NoRedInk has no AI detector. Its Originality Insights report how long a student spent drafting and how much text they pasted, and its own docs say they do not detect plagiarism.

CA

No. NoRedInk does not have an AI detector, and it does not produce an AI probability score.

That is the short answer, and it is worth resisting the temptation to add a "but" to it. NoRedInk has not built a classifier that reads a paragraph and estimates whether a model wrote it. What it has built is something different, and in some ways more interesting: a set of reports about how a piece of writing was produced. If you are a student wondering whether NoRedInk is quietly scoring your work for AI, it is not. If you are a teacher wondering whether it will tell you who used ChatGPT, it will not do that either, though it may show you something more useful.

Here is what it actually does.

What NoRedInk is

NoRedInk is an English Language Arts platform used in schools, built around grammar and writing practice, guided drafting activities and teacher feedback. Its recent development has been squarely in the AI-assistance direction rather than the AI-policing one. The Grading Assistant evaluates student writing against rubric items and suggests scores and written feedback, which NoRedInk says reduces grading time by over 40%. Notably, students never see that feedback until their teacher approves it.

But grading is not detection. NoRedInk states plainly that the Grading Assistant "doesn't provide feedback on whether students submitted original work." It is a tool for getting feedback to more students faster, not for adjudicating authorship.

What Originality Insights actually reports

The feature people are usually thinking of when they ask this question is Originality Insights, and it is a process report rather than a text classifier. NoRedInk's own materials describe it as providing visibility into the student drafting process, and its academy course calls it a "Pace and Paste Tracker", which is a fair summary of the two signals involved:

  • Time spent per draft. How long the student actually spent working in the assignment. NoRedInk notes that this is measured from the point the student interacts with the assignment after completing the interactive tutorial, and that the tutorial itself is not included in the time calculation.
  • Copy-paste detection, and the percentage of pasted text. Where text was pasted in from an external source, and how much of the submission that accounts for.

That is the whole mechanism. No perplexity, no burstiness, no model fingerprint, no percentage estimating machine authorship. Teachers see how the work was made, not a verdict about what made it.

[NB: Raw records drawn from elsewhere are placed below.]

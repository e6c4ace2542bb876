-- ===== src/Serialization/Json/Parse/Rounds.antt =====
-- The loops over the members of an array and of an object end.
use micro_posix.Prelude.{
  ℕ, zero, suc, refl, Bool, true, false, not, Option, none, some, List, [], arith, leb, length, ◌≤◌,
  ◌<◌, ◌≡◌, ◌∷◌, ◌==◌, if◌then◌else◌,
}
use micro_posix.Run.{Returns-bind, Returns-map, Returns-if, Returns, ret, returns}
use micro_posix.Serialization.Json.Value.{
  count_items, count_fields, grown, Items, Fields, Json, object, array,
}
use micro_posix.Serialization.Json.Parser.{
  advance, fail, Parsed, failed_with, skip_whitespace, Message, Parser, Flags, out_of_memory,
  unterminated_object, key_not_string, expected_colon, unterminated_array,
}
use micro_posix.Serialization.Json.Parse.{
  alloc_all, make_room, skip_comma, with_value, store_field, is_string, parse_member, object_rounds,
  store_item, array_rounds,
}
use micro_posix.Serialization.Json.Parse.Progress.{
  Moves-self, Moves-trans, Advanced, Parses, advance-Moves, skip_whitespace-Moves,
  skip_blank-Returns, Moves,
}
use micro_posix.Serialization.Json.Parse.Total.{Moves-fail_at, Moves-alloc_all}

-- What a loop gives: the parser has moved on, if only by nothing.
abbrev pub Goes : Parser → Parsed → Type 0
Goes p = Returns (λ (out, p'). Moves p p')

module _ (p q : Parser) (m : Moves p q) where
  pub Goes-ret : (out : Option Json) → Goes p (ret (out, q))
  Goes-ret out = returns {a = (out, q)} m

  pub Goes-after : (r : Parsed) → Goes q r → Goes p r
  Goes-after r h = Returns-map (λ (out, t) g. Moves-trans p q t m g) h

Moves-skip_comma : (p q : Parser) → Moves p q → Moves p (skip_comma q)
Moves-skip_comma p q m = cases q.ahead refl
  where
    cases :
        (l : List ℕ)
        → q.ahead ≡ l
        → Moves p (elim l [ [] ↦ q | c ∷ cs ↦ if c == b',' then advance 1 q else q ])
    cases [] e = m
    cases (c ∷ cs) e = choose (c == b',')
      where
        choose : (b : Bool) → Moves p (if b then advance 1 q else q)
        choose true = Moves-trans p q (advance 1 q) m (advance-Moves 1 q (rw e (omega arith)))
        choose false = m

Moves-make_room :
    (n count capacity : ℕ) (p q : Parser) → Moves p q → Moves p (make_room n count capacity q).2
Moves-make_room n count capacity p q m = choose (leb capacity count)
  where
    choose :
        (b : Bool)
        → Moves p
            (if◌then◌else◌ {A = Bool × ℕ × Parser} b
              (
                (alloc_all n q).0,
                if (alloc_all n q).0 then grown capacity else capacity,
                (alloc_all n q).1,
              )
              (true, capacity, q)).2
    choose true = Moves-alloc_all n p q m
    choose false = m

-- A loop's round goes on with the value that it has parsed, and ends where there is none.
pub Goes-with_value :
    (p : Parser) (m : Parsed) (f : Json → Parser → Parsed)
    → Parses p m
    → ((v : Json) (q : Parser) → Moves p q → length q.ahead < length p.ahead → Goes p (f v q))
    → Goes p (with_value m f)
Goes-with_value p m f h k = Returns-bind h (λ (out, q). cases out q)
  where
    cases :
        (out : Option Json) (q : Parser)
        → Advanced p out q
        → Goes p (elim out [ none ↦ failed_with q | some v ↦ f v q ])
    cases none q g = Goes-ret p q g none
    cases (some v) q (g, l) = k v q g l

-- A round of a loop over members: the end of the input, the closing byte, or a value.
module _ (close : ℕ) (done : Json) (unterminated : Message) (parse : Parser → Parsed)
    (step : Json → Parser → Parsed) (p : Parser) where
  round-Goes :
      (p1 : Parser) (l : List ℕ)
      → Moves p p1
      → p1.ahead ≡ l
      → Parses p1 (parse p1)
      → ((v : Json) (q : Parser) → Moves p q → length q.ahead < length p.ahead → Goes q (step v q))
      → Goes p (elim l [
        | [] ↦ ret (some done, fail unterminated p1)
        | c ∷ cs ↦
            if c == close
            then ret (some done, advance 1 p1)
            else with_value (parse p1) (λ v q. step v q)
      ])
  round-Goes p1 [] m e g h = Goes-ret p _ (Moves-fail_at p p1 m p1.position unterminated) _
  round-Goes p1 (c ∷ cs) m e g h =
      Returns-if (c == close)
        (λ t.
          Goes-ret p (advance 1 p1)
            (Moves-trans p p1 (advance 1 p1) m (advance-Moves 1 p1 (rw e (omega arith)))) _)
        (λ t. Goes-after p p1 m _ (
          Goes-with_value p1 (parse p1) _ g (λ v q n l.
            Goes-after p1 q n _ (h v q (Moves-trans p p1 q m n) (omega (arith, m.ahead, l))))))

-- The parser goes on after a comma.
module _ (n count capacity : ℕ) (q : Parser) where
  next-Moves : Moves q (skip_comma (skip_whitespace (make_room n count capacity q).2))
  next-Moves =
      let q1 = (make_room n count capacity q).2 in
      Moves-trans q q1 _ (Moves-make_room n count capacity q q (Moves-self q))
        (Moves-skip_comma q1 (skip_whitespace q1) (skip_whitespace-Moves q1))

  store-Goes :
      (rest : Parsed)
      → Goes (skip_comma (skip_whitespace (make_room n count capacity q).2)) rest
      → Goes q (
          if not (make_room n count capacity q).0
          then failed_with (fail out_of_memory (make_room n count capacity q).2)
          else rest)
  store-Goes rest h =
      let q1 = (make_room n count capacity q).2 in
      let m1 = Moves-make_room n count capacity q q (Moves-self q) in
      Returns-if (not (make_room n count capacity q).0)
        (λ e.
          Goes-ret q (fail out_of_memory q1) (Moves-fail_at q q1 m1 q1.position out_of_memory) none)
        (λ e. Goes-after q _ next-Moves rest h)

store_item-Goes :
    (rounds : ℕ → Items → Parser → Parsed) (capacity : ℕ) (items : Items) (v : Json) (q : Parser)
    → ((k : ℕ) (vs : Items) (r : Parser) → length r.ahead ≤ length q.ahead → Goes r (rounds k vs r))
    → Goes q (store_item rounds capacity items v q)
unfolding store_item
store_item-Goes rounds capacity items v q h =
    store-Goes 1 (count_items items) capacity q _
      (h _ _ _ (next-Moves 1 (count_items items) capacity q).ahead)

store_field-Goes :
    (rounds : ℕ → Fields → Parser → Parsed) (capacity : ℕ) (entries : Fields) (k v : Json)
    (q : Parser)
    → ((n : ℕ) (fs : Fields) (r : Parser)
        → length r.ahead ≤ length q.ahead
        → Goes r (rounds n fs r))
    → Goes q (store_field rounds capacity entries k v q)
unfolding store_field
store_field-Goes rounds capacity entries k v q h =
    store-Goes 2 (count_fields entries) capacity q _
      (h _ _ _ (next-Moves 2 (count_fields entries) capacity q).ahead)

module _ (bound : ℕ) (parse : Parser → Parsed)
    (parses : (q : Parser) → length q.ahead < bound → Parses q (parse q)) where
  pub array_rounds-Goes :
      (fuel : ℕ) (flags : Flags) (capacity : ℕ) (items : Items) (p : Parser)
      → length p.ahead < fuel
      → length p.ahead < bound
      → Goes p (array_rounds fuel flags parse capacity items p)
  unfolding array_rounds
  array_rounds-Goes zero flags capacity items p h b = absurd (omega arith)
  array_rounds-Goes (suc fuel) flags capacity items p h b =
      Returns-bind (skip_blank-Returns (suc fuel) flags p h) (λ p1 m.
        round-Goes b']' (array capacity items) unterminated_array parse _ p p1 p1.ahead m refl
          (parses p1 (omega (arith, m.ahead)))
          (λ v q g l.
            store_item-Goes _ capacity items v q
              (λ k vs r less. array_rounds-Goes fuel flags k vs r (omega arith) (omega arith))))

  parse_member-Goes :
      (rounds : ℕ → Fields → Parser → Parsed) (capacity : ℕ) (entries : Fields) (key : Json)
      (p : Parser)
      → length p.ahead < bound
      → ((n : ℕ) (fs : Fields) (r : Parser)
          → length r.ahead ≤ length p.ahead
          → Goes r (rounds n fs r))
      → Goes p (parse_member parse rounds capacity entries key p)
  unfolding parse_member
  parse_member-Goes rounds capacity entries key p b h =
      Returns-if (not (is_string key))
        (λ e. Goes-ret p _ (Moves-fail_at p p (Moves-self p) p.position key_not_string) none)
        (λ e. colon (skip_whitespace p).ahead refl)
    where
      p1 : Parser
      p1 = skip_whitespace p

      w : Moves p p1
      w = skip_whitespace-Moves p

      wrong : Goes p (failed_with (fail expected_colon p1))
      wrong = Goes-ret p _ (Moves-fail_at p p1 w p1.position expected_colon) none

      colon :
          (l : List ℕ)
          → p1.ahead ≡ l
          → Goes p (elim l [
            | [] ↦ failed_with (fail expected_colon p1)
            | c ∷ cs ↦
                if not (c == b':')
                then failed_with (fail expected_colon p1)
                else with_value
                    (parse (advance 1 p1))
                    (λ value p2. store_field rounds capacity entries key value p2)
          ])
      colon [] e = wrong
      colon (c ∷ cs) e =
          let on = advance-Moves 1 p1 (rw e (omega arith)) in
          let q = advance 1 p1 in
          Returns-if (not (c == b':')) (λ t. wrong)
            (λ t. Goes-after p q (Moves-trans p p1 q w on) _ (
              Goes-with_value q _ _ (parses q (omega (arith, w.ahead, on.ahead))) (λ v r m l.
                Goes-after q r m _ (
                  store_field-Goes rounds capacity entries key v r
                    (λ n fs s less. h n fs s (omega (arith, w.ahead, on.ahead)))))))

  pub object_rounds-Goes :
      (fuel : ℕ) (flags : Flags) (capacity : ℕ) (entries : Fields) (p : Parser)
      → length p.ahead < fuel
      → length p.ahead < bound
      → Goes p (object_rounds fuel flags parse capacity entries p)
  unfolding object_rounds
  object_rounds-Goes zero flags capacity entries p h b = absurd (omega arith)
  object_rounds-Goes (suc fuel) flags capacity entries p h b =
      Returns-bind (skip_blank-Returns (suc fuel) flags p h) (λ p1 m.
        round-Goes b'}' (object capacity entries) unterminated_object parse _ p p1 p1.ahead m refl
          (parses p1 (omega (arith, m.ahead)))
          (λ key q g l.
            parse_member-Goes _ capacity entries key q (omega arith)
              (λ k fs r less. object_rounds-Goes fuel flags k fs r (omega arith) (omega arith))))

What NoRedInk says it cannot do

This is the part that deserves credit, because it is more careful than much of the AI-detection market manages. NoRedInk's documentation states that Originality Insights "do not detect plagiarism." The framing is that the insights help teachers make educated decisions about whether a student has plagiarised or used generative AI. The insights are input to a judgement a human makes, explicitly not the judgement itself.

Compare that with the tools that return a confident percentage and leave the interpretation to whoever reads it, and you can see why the restraint matters. A vendor that declines to claim a verdict cannot have its verdict misused.

What a paste event does and does not prove

If you are reading an Originality Insights report, this is the important nuance: a large paste is ambiguous, not damning.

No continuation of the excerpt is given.